Malgré la convention signée entre le département des Affaires de la migration et l’Agence nationale d’assurance maladie (ANAM) en 2016 pour donner accès aux migrants au RAMED, cette décision n’a pas été activée. Selon nos informations, l’ANAM est en train de préparer un système dédié aux migrants régularisés. «Faute de cartes d’accès, les migrants souffrent de ce blocage. Les soins primaires demeurent accessibles, mais les soins secondaires et tertiaires sont payants. Même les hôpitaux faisaient des exceptions, aujourd’hui, ils ne le font plus», regrette-t-elle. Dans le domaine de l’éducation, 5.500 enfants de migrants sont scolarisés dans le système d’éducation publique. Cette étape cruciale de l’intégration se déroule dans l’ensemble dans de bonnes conditions. «Il y a une facilité d’accès au système éducatif. Mais des obstacles pour l’inscription demeurent, surtout selon les régions», poursuit Ramanzini. L’intégration au sein de l’école publique pose des difficultés de l’apprentissage de langue arabe pour les enfants déjà scolarisés dans leurs pays d’origines et surtout l’apprentissage de cours d’éducation islamique pour non musulmans. À Rabat, le Conseil national des droits de l’homme (CNDH) et l’Académie régionale d’éducation et de formation ont signé une convention pour dispenser les enfants concernés de cette matière.

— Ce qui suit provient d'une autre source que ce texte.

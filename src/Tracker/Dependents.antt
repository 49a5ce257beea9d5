-- ===== src/Tracker/Dependents.antt =====
-- InstallTrackerSingleton.ts `installHasNoRegisteredDependentsBesidesId`: when an install has no
-- registered dependents.
use vscode_dotnet_runtime.Prelude.{
  ℕ, ◌≡◌, Bool, true, false, ◌&&◌, ◌||◌, Bool-cases, inl, inr, Option, none, some, List, [], ◌∷◌,
  arith, keep, length, ◌==◌,
}
use vscode_dotnet_runtime.Text.{Text, codes}
use vscode_dotnet_runtime.Collections.{has}
use vscode_dotnet_runtime.Install.{DotnetInstall}
use vscode_dotnet_runtime.Tracker.State.{
  InstallOwner, ExtensionState, same_owner, has_owner, equivalent_to,
}
use vscode_dotnet_runtime.Tracker.Installs.{
  only_owner, first_owners, install_has_no_registered_dependents_besides_id,
}
use vscode_dotnet_runtime.Tracker.Records.{
  owners_in_absent, owners_in_present, keep_absent, keep_one, ids, first_owners-keep,
}
use vscode_dotnet_runtime.Tracker.Owners.{registered, owners_of, IsTracked}

-- What "no registered dependents" means for the owners of an install: it is not tracked, or has
-- no owner, or its only owner is the one to ignore, or the user where that is allowed.
abbrev pub no_dependents : Bool → Text → Option (List InstallOwner) → Bool
no_dependents allow ignore none = true
no_dependents allow ignore (some []) = true
no_dependents allow ignore (some (o ∷ [])) =
    same_owner o (some ignore) || allow && same_owner o (some (codes "user"))
no_dependents allow ignore (some (o ∷ p ∷ os)) = false

module _ (default_architecture : Text) where
  one_record :
      (allow : Bool) (ignore : Text) (n : ℕ) (os : List InstallOwner)
      → n ≡ 1
      → (n == 0
          || n == 1 && only_owner (λ o. same_owner o (some ignore)) os
          || length os == 0
          || allow && length os == 1 && has_owner (some (codes "user")) os)
        ≡ no_dependents allow ignore (some os)
  unfolding has_owner
  one_record allow ignore n [] e = ground arith
  one_record allow ignore n (o ∷ []) e = ground arith
  one_record allow ignore n (o ∷ p ∷ os) e = ground arith

  -- Where no id is tracked twice, the check of the registered dependents holds exactly if the
  -- install is not tracked, or has no owner, or its only owner is the one to ignore, or the user
  -- where that is allowed.
  pub no_registered_dependents_iff :
      (install : DotnetInstall) (allow : Bool) (ignore : Text) (s : ExtensionState)
      → IsTracked default_architecture s
      → (install_has_no_registered_dependents_besides_id default_architecture install allow ignore
          s).0
        ≡ no_dependents allow ignore (owners_of default_architecture install.install_id s)
  unfolding install_has_no_registered_dependents_besides_id
  no_registered_dependents_iff install allow ignore s h =
      elim (Bool-cases (has install.install_id (ids (registered default_architecture s)))) [
        | inl present ↦ ground (
          arith,
          one_record allow ignore
              (length (keep (equivalent_to install) (registered default_architecture s)))
              (first_owners (keep (equivalent_to install) (registered default_architecture s)))
              (keep_one install (registered default_architecture s) h present),
          first_owners-keep install (registered default_architecture s),
          owners_in_present install (registered default_architecture s) present,
        )
        | inr absent ↦ ground (
          arith,
          keep_absent install (registered default_architecture s) absent,
          owners_in_absent install (registered default_architecture s) absent,
        )
      ]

«Il faut uniformiser les démarches suivis à Rabat et Casablanca sur tout le territoire», propose Ramanzini. Enfin, les programmes de formations professionnelles proposées aux migrants commencent à afficher leurs faiblesses. «Les migrants poursuivent plusieurs formations qui se répètent dans leurs contenus, et sans trouver de réel débouchés sur le marché de l’emploi», affirme Helene Yamta, présidente de l’association Voix des femmes migrantes au Maroc.
Pour cette raison, Ramanzini insiste pour une évaluation de ces programmes et repenser le lien entre les formations et les débouchés professionnelles. La Plateforme nationale protection migrants (PNPM) qui organise chaque année les assises s’attèle à faire un nouveau diagnostic de la situation des migrants irréguliers et réguliers sur d’autres thématiques. «L’année 2018 a été marquée par les opérations de l’été dernier. Nous avons donc décidé de travailler sur l’assistance humanitaire. Nous avons travaillé également sur la situation du droit d’asile et de la protection juridique», est-il indiqué. Un bilan complet devrait être rendu public prochainement.
Hassane Ammari
Alarm Phone
Les opérations de l’an dernier et la situation dans les zones nord du Maroc devront nous amener à poser cette question. Nous avons constaté jusqu’à 4.000 refoulements dans des conditions violentes du nord vers le sud du pays, avec l’enregistrement de deux cas de décès. Les migrants font l’objet d’une traque dans les régions de Nador et Tanger.
Helena Yamt
Voix des femmes migrantes
Je me pose aussi cette question avec insistance. Du côté de la société, les violences à l’encontre des migrants se multiplient notamment à Casablanca. De l’autre côté, les autorités compliquent le renouvellement des cartes de séjour des migrants. Je crois que nous avons besoin d’une nouvelle opération de régularisation car beaucoup de jeunes veulent travailler dignement au Maroc.